So if we accept a 1on 4 off deployment pattern and a requirement to deploy 2 forces concurrently then we come back to the need to be able to generate AT LEAST 10 Task Forces.  We have 12 Armd and Inf Units available so lets use them as the basis of the deployments.  With 12 units that means a 1 on 5 off schedule allowing 3 years between deployments.

The Units then could be structured with sufficient numbers of sub-units to both maintain a conventional fighting capability as a formed unit and also to be able to detach subunits in support of the task forces.

To take KevinB's proposed structure of one light, one mech, and one recce subunit, lets say under a  Mech HQ, then the Parent CBMG would comprise 1 Lt Unit 2 Mech Units and 1Cav Unit. One of the Mech Units would deploy with its HQ, Recce Pl, and 1 Mech Coy. The Remaining Sub-units would stay on base conducting individual training.  

Kevin's model requires a force structure of 12 Recce Sqns,  12 Lt Coys and 12 Mech Coys as well as 12 Recce Pl etc.  That demands that each of the 3 Armd Regts find  4 Recce Sqns each, that the 3 Lt Bns find 4 Coys each and that the 6 Mech Bns find 2 Coys each. As we have about 27 Lt or Mech Coys than that would work out about right. The 3 Extra Coys could be the source of the 3 extra Recce platoons and  reinforcements for the other coys.  

As we only have 9 Armd Squadrons and only 6 of them are officially Recce Sqns, then failing an increase in bodies or kit then the size of the Squadrons will have to fall to  support a long term deployment plan.  The Squadron will be able to do less, but it will be able to do it consistently and repetitively.  SOPs can be generated, force commanders will know its capabilities and our allies will know how we can work with them. I leave the make-up, kit, taskings etc to others.

With this structure:

3 brigades each with a 4 Squadron Armd Regt, a 4 Coy Light Battalion and 2x 2 Coy Mech Battalions then you might see the following situation;

1 CMBG has 2 Task Forces on Deployment for 6 months.   1PPCLI HQ and a Mech Coy Plus a Lt Coy and an Armd Sqn attached and 3PPCLI has one Coy deployed with a Mech and Armd sub-unit attached.

That leaves 2 PPCLI back on Station with a full complement of 2 Coys.

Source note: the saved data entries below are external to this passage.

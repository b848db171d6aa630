-- ===== src/Execution/Tests.antt =====
-- An execution of one job, its updates, and the theorems about its page there.
use azkaban_private.Prelude.{
  ℕ, zero, suc, ◌≡◌, refl, subst, ◌<◌, ◌≤◌, Bool, false, true, Option, none, some, List, [], ◌∷◌,
  arith, String, lookup, All, ◌⊎◌, Bool-cases, inl, inr, str_eq,
}
use azkaban_private.Status.{Status}
use azkaban_private.Flow.{Ref, Heap, fresh}
use azkaban_private.GraphModel.{Outcome, done, type_error}
use azkaban_private.Execution.{
  updater, log_updater, updater_function, log_updater_function, keep_running, Page, run_task,
  opened, answered, update_graph, update_nodes, assign_update,
}
use azkaban_private.Execution.Update.{matched, unmatched, pair_up}
use azkaban_private.Execution.Result.{update_graph_lem, last_for, updated_by}
use azkaban_private.Execution.Poll.{
  Polls, Reachable, at_start, later, fires, answers, Reachable-Polls, Steps, stop, go,
  finished-Steps,
}

-- The flow is at 0 and its job at 1; an update of the flow is at 2, with that of the job at 3.
abbrev running_flow : Heap
running_flow zero = record (fresh "flow" "flow" [] (1 ∷ [])) {
  node_map = ("a", 1) ∷ [];
  status = some Status.running;
}
running_flow (suc zero) = record (fresh "a" "command" [] []) { status = some Status.running }
running_flow (suc (suc zero)) = record (fresh "flow" "flow" [] (3 ∷ [])) {
  status = some Status.succeeded;
}
running_flow (suc (suc (suc zero))) = record (fresh "a" "command" [] []) {
  status = some Status.succeeded;
}
running_flow (suc (suc (suc (suc r)))) = fresh "z" "command" [] []

abbrev mine : Ref → Bool
mine zero = true
mine (suc zero) = true
mine (suc (suc r)) = false

abbrev depth : Ref → ℕ
depth zero = 0
depth (suc zero) = 0
depth (suc (suc zero)) = 1
depth (suc (suc (suc r))) = 0

abbrev status_at : Ref → Outcome → Option Status
status_at r (done h) = (h r).status
status_at r _ = none

job_succeeded : status_at 1 (update_graph 2 0 2 running_flow) ≡ some Status.succeeded
unfolding update_graph update_nodes assign_update lookup
job_succeeded = refl

own :
    (d : Ref) (k : String) (x : Ref)
    → mine d ≡ true
    → lookup k (running_flow d).node_map ≡ some x
    → mine x ≡ true
unfolding lookup
own zero k x m e = elim (Bool-cases (str_eq "a" k)) [
  | inl hit ↦
      let same : some 1 ≡ some x = rw hit at e in
      let one : 1 ≡ x = cc in subst (λ y. mine y ≡ true) one refl
  | inr miss ↦ let no : none ≡ some x = rw miss at e in cc
]
own (suc zero) k x m e = cc
own (suc (suc r)) k x m e = cc

sent :
    (u : Ref)
    → mine u ≡ false
    → All (λ v. (mine v ≡ false) × (depth v < depth u)) (running_flow u).nodes
sent zero m = cc
sent (suc zero) m = tt
sent (suc (suc zero)) m = ((refl, omega arith), tt)
sent (suc (suc (suc zero))) m = tt
sent (suc (suc (suc (suc r)))) m = tt

update_graph_lem_example :
    ((ps : List (Ref × Ref)) × (h' : Heap) × (pair_up 2 running_flow 0 2 ≡ matched ps)
      × (update_graph 2 0 2 running_flow ≡ done h')
      × ((x : Ref)
          → mine x ≡ true
          → h' x ≡ updated_by running_flow (last_for x ps) (running_flow x)))
    ⊎ (pair_up 2 running_flow 0 2 ≡ unmatched) × (update_graph 2 0 2 running_flow ≡ type_error)
update_graph_lem_example =
    update_graph_lem mine running_flow depth (record { own = own; sent = sent }) 2 0 2 refl refl
      (omega arith)

-- The page of a running flow, after the answer that it has succeeded.
abbrev first_page : Page
first_page = opened Status.running

abbrev finished_page : Page
finished_page = answered (some Status.succeeded) (record first_page { asked = 0 })

finished-Reachable : Reachable Status.running finished_page
unfolding run_task updater_function log_updater_function keep_running
finished-Reachable =
    later first_page finished_page at_start (answers 0 (some Status.succeeded) refl (λ e. refl))

finished_status : keep_running finished_page.status ≡ false
unfolding keep_running answered
finished_status = refl

Reachable-Polls_example : Polls finished_page.status finished_page.timers
Reachable-Polls_example = Reachable-Polls Status.running finished_page finished-Reachable

-- The two timers that are left, one after the other.
abbrev after_first : Page
after_first = run_task log_updater (record finished_page { timers = updater ∷ [] })

abbrev after_second : Page
after_second = run_task updater (record after_first { timers = [] })

last-Steps : Steps finished_page 2 after_second
unfolding run_task updater_function log_updater_function keep_running answered
last-Steps =
    go finished_page after_first after_second 1 (fires [] log_updater (updater ∷ []) refl)
      (go after_first after_second after_second 0 (fires [] updater [] refl) (stop after_second))

finished-Steps_example : 2 ≤ 2
finished-Steps_example =
    finished-Steps Status.running finished_page after_second 2 finished-Reachable finished_status
      last-Steps
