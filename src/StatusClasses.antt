-- ===== src/StatusClasses.antt =====
-- The class of an element that says the status of its node: handleRemoveAllStatus of
-- view/svg-graph.js, StatusView of view/exflow.js, and changeStatuses of view/job-list.js.
pub mod Shown
pub mod Tree
pub mod Kept
mod Tests
use azkaban_private.Prelude.{
  ℕ, zero, suc, ◌==◌, if◌then◌else◌, Bool, false, true, Option, none, some, List, [], ◌∷◌, ◌>>=◌,
}
use azkaban_private.Flow.{Ref, Heap}
use azkaban_private.Status.{Status, is, status_list}

-- The classes of an element, of those that are names of statuses.
abbrev pub Classes : Type 0
Classes = Status → Bool

abbrev pub remove_class : Status → Classes → Classes
remove_class s c t = if is s t then false else c t

-- An absent status adds no class, and no element has it.
abbrev pub add_class : Option Status → Classes → Classes
add_class none c = c
add_class (some s) c = λ t. if is s t then true else c t

abbrev pub has_class : Option Status → Classes → Bool
has_class none c = false
has_class (some s) c = c s

-- The loop over `statusList`.
abbrev pub remove_all_status : List Status → Classes → Classes
remove_all_status [] c = c
remove_all_status (s ∷ statuses) c = remove_all_status statuses (remove_class s c)

-- What the graph and the head of the page do with their elements.
unfoldable pub show_status : Option Status → Classes → Classes
show_status status c = add_class status (remove_all_status status_list c)

-- What the list does with an element.
unfoldable pub change_status : Option Status → Classes → Classes
change_status status c = if has_class status c then c else show_status status c

abbrev pub change_all : List (Option Status) → Classes → Classes
change_all [] c = c
change_all (status ∷ statuses) c = change_all statuses (change_status status c)

abbrev pub change_at : Heap → Ref → (Ref → Classes) → Ref → Classes
change_at h r elements x = if r == x then change_status (h x).status (elements x) else elements x

-- `changeStatuses`: the elements after it. The fuel bounds how deep the flows are nested.
module _ (h : Heap) where
  unfoldable pub change_list :
      (Ref → (Ref → Classes) → Option (Ref → Classes))
      → List Ref
      → (Ref → Classes)
      → Option (Ref → Classes)
  change_list change [] elements = some elements
  change_list change (r ∷ rs) elements = change r (change_at h r elements) >>= change_list change rs

  unfoldable pub change_statuses : ℕ → Ref → (Ref → Classes) → Option (Ref → Classes)
  change_statuses zero d elements = none
  change_statuses (suc fuel) d elements = change_list (change_statuses fuel) (h d).nodes elements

It leaves 1 Coy of 1 PPCLI on Station.  It leaves 2 Lt Coys on Station and it also leaves LdSH on station with an HQ and 2 Squadrons.

2 CMBG is working up its two task forces for the next roto

5 CMBG is working up the roto after that

That still leaves a useable force for the area commander (2 HQs, 3 Mech Coys, 2 Lt Coys and 2 Armd Sqns) that could be engaged in individual training, conducting training with cross-attachments or supplying ready reaction forces.

We always used to expect that sub-units would be un-plugged from the parent and plugged into a sister unit in the formation, often on very short notice.  So I am having difficulty seeing where the plug'n'play concept is alien to what has been done in the past.  

The area that I see that is different is that in the past an Armd commander new what he was getting when he was assigned a Mech Coy and likewise a Mech commander new what a tank squadron was and what it could do.  This was because of standardization, training and SOPs.

Summarizing, why can't the system work if we accept that the reality of taskings for the foreseeable future are stability ops, that in order to maintain a viable force we need to reduce the size (not number) of commitments and then build a force structure that can sustain those commitments. With enough time between deployments then training can be geared towards maintaining our broad-spectrum of capabilities and with standardized units then SOPs can be developed.

I understand this may seem to some like putting the cart before the horse, essentially I am suggesting that we take the existing bodies and kit, divide by 12 and then ask ourselves what that result can do and then train to do that.  As opposed to looking for an ideal sized lego brick devised by our allies and then trying to figure how many units we can build and wondering why we don't have enough bricks or units.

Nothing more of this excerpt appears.